_Task item_
Start at the line below containing "-- The flag" and stop at the line containing "then (if rsdnt". Repeat every line of that stretch exactly, and nothing outside it.

========================================================================

-- ===== src/Api/Alloc.antt =====
-- `sbma_malloc` of src/api/malloc.c and `sbma_free` of src/api/free.c, as built without SBMA_FILE_RESERVE.
pub mod Fresh
pub mod Allocated
pub mod Freed
pub mod Refused
mod Examples
use sbma.Common.{Checks, state_check}
use sbma.Common.{
  ℕ, zero, suc, ◌+◌, ◌-◌, ◌*◌, ◌/◌, Bool, true, false, not, ◌&&◌, ◌||◌, Option, none, some,
  if◌then◌else◌, ◌==◌, Run, Cmd, done, failed, aborted, diverged, pure, assert, modify, ◌>>=◌, ◌>>◌,
  List, [], ◌∷◌,
}
use sbma.Mmu.{Flags, Ate}
use sbma.Os.{Os, prot_none, prot_read, prot_rw}
use sbma.Ipc.{Ipc, ipc_mevict}
use sbma.Ipc.Madmit.{Peers, ipc_madmit}
use sbma.Api.{pages_of, vmm_to_sys}
use sbma.Api.All.{AllEntries, on_node}

-- open(2) with O_CREAT|O_EXCL, and unlink(2), of the file of an entry: whether they do not return -1.
pub record Files (W : Type 0) : Type 0 where
  pub create : ℕ → W → Bool × W
  pub unlink : ℕ → W → Bool × W
  -- close(2) of what open(2) returns when it fails, -1.
  pub close_none : W → Bool × W

module _ {W A : Type 0} where
  -- Whether the call has returned -1.
  abbrev pub attempt : Run (AllEntries W) A → Run (AllEntries W) Bool
  attempt (done a s) = done true s
  attempt (failed s) = done false s
  attempt aborted = aborted
  attempt diverged = diverged

module _ {W : Type 0} where
  -- A call that leaves the entries and the counters alone.
  abbrev pub calling : {A : Type 0} → (W → A × W) → Cmd (AllEntries W) A
  calling call s = let (a, w) = call s.world in done a (record s { world = w })

-- The flag byte of a page in new anonymous memory, and MMU_CHRGD|MMU_RSDNT.
abbrev pub fresh : Bool → Flags
fresh rsdnt =
    if rsdnt
    then record { zfill = false; rsdnt = false; dirty = false; chrgd = false }
    else record { zfill = false; rsdnt = true; dirty = false; chrgd = true }

abbrev pub new_ate : Bool → ℕ → ℕ → Ate
new_ate rsdnt n_pages base = record {
  n_pages = n_pages;
  l_pages = if rsdnt then n_pages else 0;
  c_pages = if rsdnt then n_pages else 0;
  d_pages = 0;
  base = base;
  flags = λ i. fresh rsdnt;
}

-- The first entry of that address, and the others.
unfoldable pub take_entry : ℕ → List (ℕ × Ate) → Option (Ate × List (ℕ × Ate))
take_entry key [] = none
take_entry key ((k, ate) ∷ rest) =
    let others = take_entry key rest in
    if k == key
    then some (ate, rest)
    else elim others [ none ↦ none | some (a, others') ↦ some (a, (k, ate) ∷ others') ]

-- `ate_size` is the size of `struct ate`, and `metach` and `rsdnt` are the options of that name.
module _ (page_size ate_size : ℕ) (metach : Bool) where
  -- What a free gives back of an entry.
  abbrev pub held_pages : ℕ → ℕ → ℕ
  held_pages n_pages c_pages =
      if metach then pages_of page_size ate_size + c_pages + pages_of page_size n_pages else c_pages

  -- The pages that are admitted for `n_pages` pages of the application.
  abbrev pub admit_pages : Bool → ℕ → ℕ
  admit_pages rsdnt n_pages =
      if metach
      then (if rsdnt
          then pages_of page_size ate_size + n_pages + pages_of page_size n_pages
          else pages_of page_size ate_size + pages_of page_size n_pages)
      else if rsdnt
      then n_pages
      else 0

module _ {W : Type 0} (os : Os W) (files : Files W) (page_size sys_page ate_size : ℕ)
    (metach : Bool) (checks : Checks (AllEntries W)) where
  -- The pointer of an entry is freed.
  abbrev pub free_entry : ℕ → Ate → List (ℕ × Ate) → Cmd (AllEntries W) (Unit {0})
  free_entry at ate others = do
    calling os.snprintf
    calling (files.unlink at)
    modify (λ t. record t { entries = others })
    calling (
        os.munmap at (
          (pages_of page_size ate_size + ate.n_pages + pages_of page_size ate.n_pages) * page_size))
    on_node (
        ipc_mevict
          (vmm_to_sys page_size sys_page
            (held_pages page_size ate_size metach ate.n_pages ate.c_pages))
          (vmm_to_sys page_size sys_page ate.d_pages))

  -- A pointer that is not one of an entry is undefined behaviour. The failures of the calls are lost:
  -- `retval` is overwritten.
  pub sbma_free : ℕ → Cmd (AllEntries W) (Unit {0})
  sbma_free ptr = do
    state_check checks
    λ s. elim (take_entry (ptr - pages_of page_size ate_size * page_size) s.entries) [
      | none ↦ aborted
      | some (ate, others) ↦ free_entry (ptr - pages_of page_size ate_size * page_size) ate others s
    ]
    state_check checks

  module _ (peers : Peers) (fuel : ℕ) (rsdnt admitd : Bool) where
    -- CLEANUP1
    pub give_up : ℕ → Cmd (AllEntries W) (Option ℕ)
    give_up n_pages = do
      λ s. attempt (
          (if metach || rsdnt
              then on_node (
                  ipc_mevict
                    (vmm_to_sys page_size sys_page
                      (admit_pages page_size ate_size metach rsdnt n_pages))
                    0)
              else pure tt)
            s)
      pure none

    -- CLEANUP2
    pub unmap : ℕ → ℕ → Cmd (AllEntries W) (Option ℕ)
    unfolding give_up
    unmap addr n_pages = do
      ret ← calling (
          os.munmap addr
            ((pages_of page_size ate_size + n_pages + pages_of page_size n_pages) * page_size))
      assert (λ _. ret)
      give_up n_pages

    -- CLEANUP3, from the result of close(fd) on
    pub remove_file : Bool → ℕ → ℕ → Cmd (AllEntries W) (Option ℕ)
    unfolding unmap
    remove_file ret addr n_pages = do
      assert (λ _. ret)
      ret' ← calling (files.unlink addr)
      assert (λ _. ret')
      unmap addr n_pages

    -- From the memory that mmap(2) returned to the entry.
    pub set_up : ℕ → ℕ → Cmd (AllEntries W) (Option ℕ)
    unfolding remove_file
    set_up addr n_pages = do
      ret ← calling (
          os.mprotect (addr + pages_of page_size ate_size * page_size) (n_pages * page_size)
            (if rsdnt then prot_read else prot_none))
      if not ret then unmap addr n_pages else (do
        ret' ← calling os.snprintf
        if not ret' then unmap addr n_pages else (do
          fd ← calling (files.create addr)
          if not fd
              then (do closed ← calling files.close_none; remove_file closed addr n_pages)
              else (do
                ret'' ← calling (os.close addr)
                if not ret''
                    then (do closed ← calling (os.close addr); remove_file closed addr n_pages)
                    else (do
                      modify (λ s. record s {
                        entries =
                            (
                              addr,
                              new_ate rsdnt n_pages
                                  (addr + pages_of page_size ate_size * page_size),
                            )
                            ∷ s.entries;
                      })
                      pure (some (addr + pages_of page_size ate_size * page_size))))))

    -- What stands between the state checks.
    pub allocate : ℕ → Cmd (AllEntries W) (Option ℕ)
    unfolding set_up
    allocate size = do
      admitted ← (λ s. attempt (
          (if metach || rsdnt
              then on_node (
                  ipc_madmit peers fuel
                    (vmm_to_sys page_size sys_page
                      (admit_pages page_size ate_size metach rsdnt (pages_of page_size size)))
                    admitd)
              else pure tt)
            s))
      if not admitted then pure none else (do
        addr ← calling (
            os.mmap
              ((pages_of page_size ate_size
                  + pages_of page_size size
                  + pages_of page_size (pages_of page_size size))
                * page_size)
              prot_rw)
        elim addr [
          | none ↦ give_up (pages_of page_size size)
          | some a ↦ set_up a (pages_of page_size size)
        ])

    -- The pointer, or NULL.
    pub sbma_malloc : ℕ → Cmd (AllEntries W) (Option ℕ)
    unfolding allocate
    sbma_malloc size =
        if size == 0
        then pure none
        else (do state_check checks; retval ← allocate size; state_check checks; pure retval)
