-- ===== src/Api/Alloc/Fresh.antt =====
-- The parts of `sbma_malloc` of src/api/malloc.c: the new entry, its size, and the admission.
use sbma.Common.{
  ℕ, ◌+◌, ◌-◌, ◌*◌, ◌/◌, ◌≤◌, ◌<◌, ◌≡◌, refl, Bool, true, false, if◌then◌else◌, arith, done, pure,
  count_full, count_none,
}
use sbma.Mmu.{is_resident, is_charged, is_dirty}
use sbma.Mmu.Valid.{IsValid}
use sbma.Ipc.{Ipc}
use sbma.Ipc.Accounts.{IsBalanced}
use sbma.Ipc.Madmit.{Peers, ipc_madmit}
use sbma.Ipc.Madmit.Released.{available, IsObliging}
use sbma.Ipc.Madmit.Admitted.{ipc_madmit-Admitted}
use sbma.Api.{less, vmm_to_sys}
use sbma.Api.All.{AllEntries, on_node}
use sbma.Api.All.Evicted.{IsEvictable}
use sbma.Api.Alloc.{attempt, fresh, new_ate}

new_ate-IsValid : (rsdnt : Bool) (n base : ℕ) → IsValid (new_ate rsdnt n base)
new_ate-IsValid true n base = record {
  loaded = count_full n is_resident (fresh true) refl;
  charged = count_full n is_charged (fresh true) refl;
  dirtied = count_none n is_dirty (λ i. fresh true) (λ i h. refl);
  pages = λ i h. refl;
}
new_ate-IsValid false n base = record {
  loaded = count_none n is_resident (λ i. fresh false) (λ i h. refl);
  charged = count_none n is_charged (λ i. fresh false) (λ i h. refl);
  dirtied = count_none n is_dirty (λ i. fresh false) (λ i h. refl);
  pages = λ i h. refl;
}

pub new_ate-IsEvictable :
    (rsdnt : Bool) (key n base : ℕ) → 0 < n → IsEvictable (key, new_ate rsdnt n base)
new_ate-IsEvictable rsdnt key n base pos = record {
  nonempty = pos;
  valid = new_ate-IsValid rsdnt n base;
  lazy = λ e. e;
}

-- The pages hold the bytes, and one less does not.
pub whole_pages :
    (ps bytes : ℕ)
    → 0 < ps
    → 0 < bytes
    → (bytes ≤ (1 + less bytes 1 / ps) * ps) × (less bytes 1 / ps * ps < bytes)
whole_pages ps bytes pos some_bytes = (ground (arith, exact, up), ground (arith, exact, down))
  where
    exact : less bytes 1 ≡ bytes - 1
    exact = ground arith

    up : bytes ≤ (1 + (bytes - 1) / ps) * ps
    up = grind arith

    down : (bytes - 1) / ps * ps < bytes
    down = grind arith

-- The admission, when the pages can be had.
pub admission :
    {W : Type 0} (peers : Peers)
    → IsObliging peers
    → (max_mem fuel value : ℕ) (asks admitd : Bool) (s : AllEntries W) → IsBalanced max_mem s.ipc
    → s.ipc.inter_mtx ≡ false
    → s.ipc.n_procs < fuel
    → value ≤ available s.ipc
    → (asks ≡ false → value ≡ 0)
    → (t : Ipc) × (attempt
          ((if asks then on_node (ipc_madmit peers fuel value admitd) else pure tt) s)
        ≡ done true (record s { ipc = t }))
      × IsBalanced max_mem t
      × (t.c_mem s.ipc.id ≡ s.ipc.c_mem s.ipc.id + value)
      × (t.inter_mtx ≡ false)
      × (t.id ≡ s.ipc.id)
admission peers obliging max_mem fuel value true admitd s balanced free fueled had none_asked =
    let (t, run, balanced', own, free', id) =
      ipc_madmit-Admitted max_mem peers obliging value admitd fuel s.ipc balanced free had fueled in
    (t, rw run refl, balanced', own, free', id)
admission peers obliging max_mem fuel value false admitd s balanced free fueled had none_asked =
    (s.ipc, refl, balanced, omega (arith, none_asked refl), free, refl)

pub vmm_to_sys_zero : (ps sys_page : ℕ) → vmm_to_sys ps sys_page 0 ≡ 0
vmm_to_sys_zero ps sys_page = grind arith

========================================================================

_Solved problem_
-- The flag byte of a page in new anonymous memory, and MMU_CHRGD|MMU_RSDNT.
abbrev pub fresh : Bool → Flags
fresh rsdnt =
    if rsdnt
    then record { zfill = false; rsdnt = false; dirty = false; chrgd = false }
    else record { zfill = false; rsdnt = true; dirty = false; chrgd = true }

abbrev pub new_ate : Bool → ℕ → ℕ → Ate
new_ate rsdnt n_pages base = record {
  n_pages = n_pages;
  l_pages = if rsdnt then n_pages else 0;
  c_pages = if rsdnt then n_pages else 0;
  d_pages = 0;
  base = base;
  flags = λ i. fresh rsdnt;
}

-- The first entry of that address, and the others.
unfoldable pub take_entry : ℕ → List (ℕ × Ate) → Option (Ate × List (ℕ × Ate))
take_entry key [] = none
take_entry key ((k, ate) ∷ rest) =
    let others = take_entry key rest in
    if k == key
    then some (ate, rest)
    else elim others [ none ↦ none | some (a, others') ↦ some (a, (k, ate) ∷ others') ]

-- `ate_size` is the size of `struct ate`, and `metach` and `rsdnt` are the options of that name.
module _ (page_size ate_size : ℕ) (metach : Bool) where
  -- What a free gives back of an entry.
  abbrev pub held_pages : ℕ → ℕ → ℕ
  held_pages n_pages c_pages =
      if metach then pages_of page_size ate_size + c_pages + pages_of page_size n_pages else c_pages

  -- The pages that are admitted for `n_pages` pages of the application.
  abbrev pub admit_pages : Bool → ℕ → ℕ
  admit_pages rsdnt n_pages =
      if metach
      then (if rsdnt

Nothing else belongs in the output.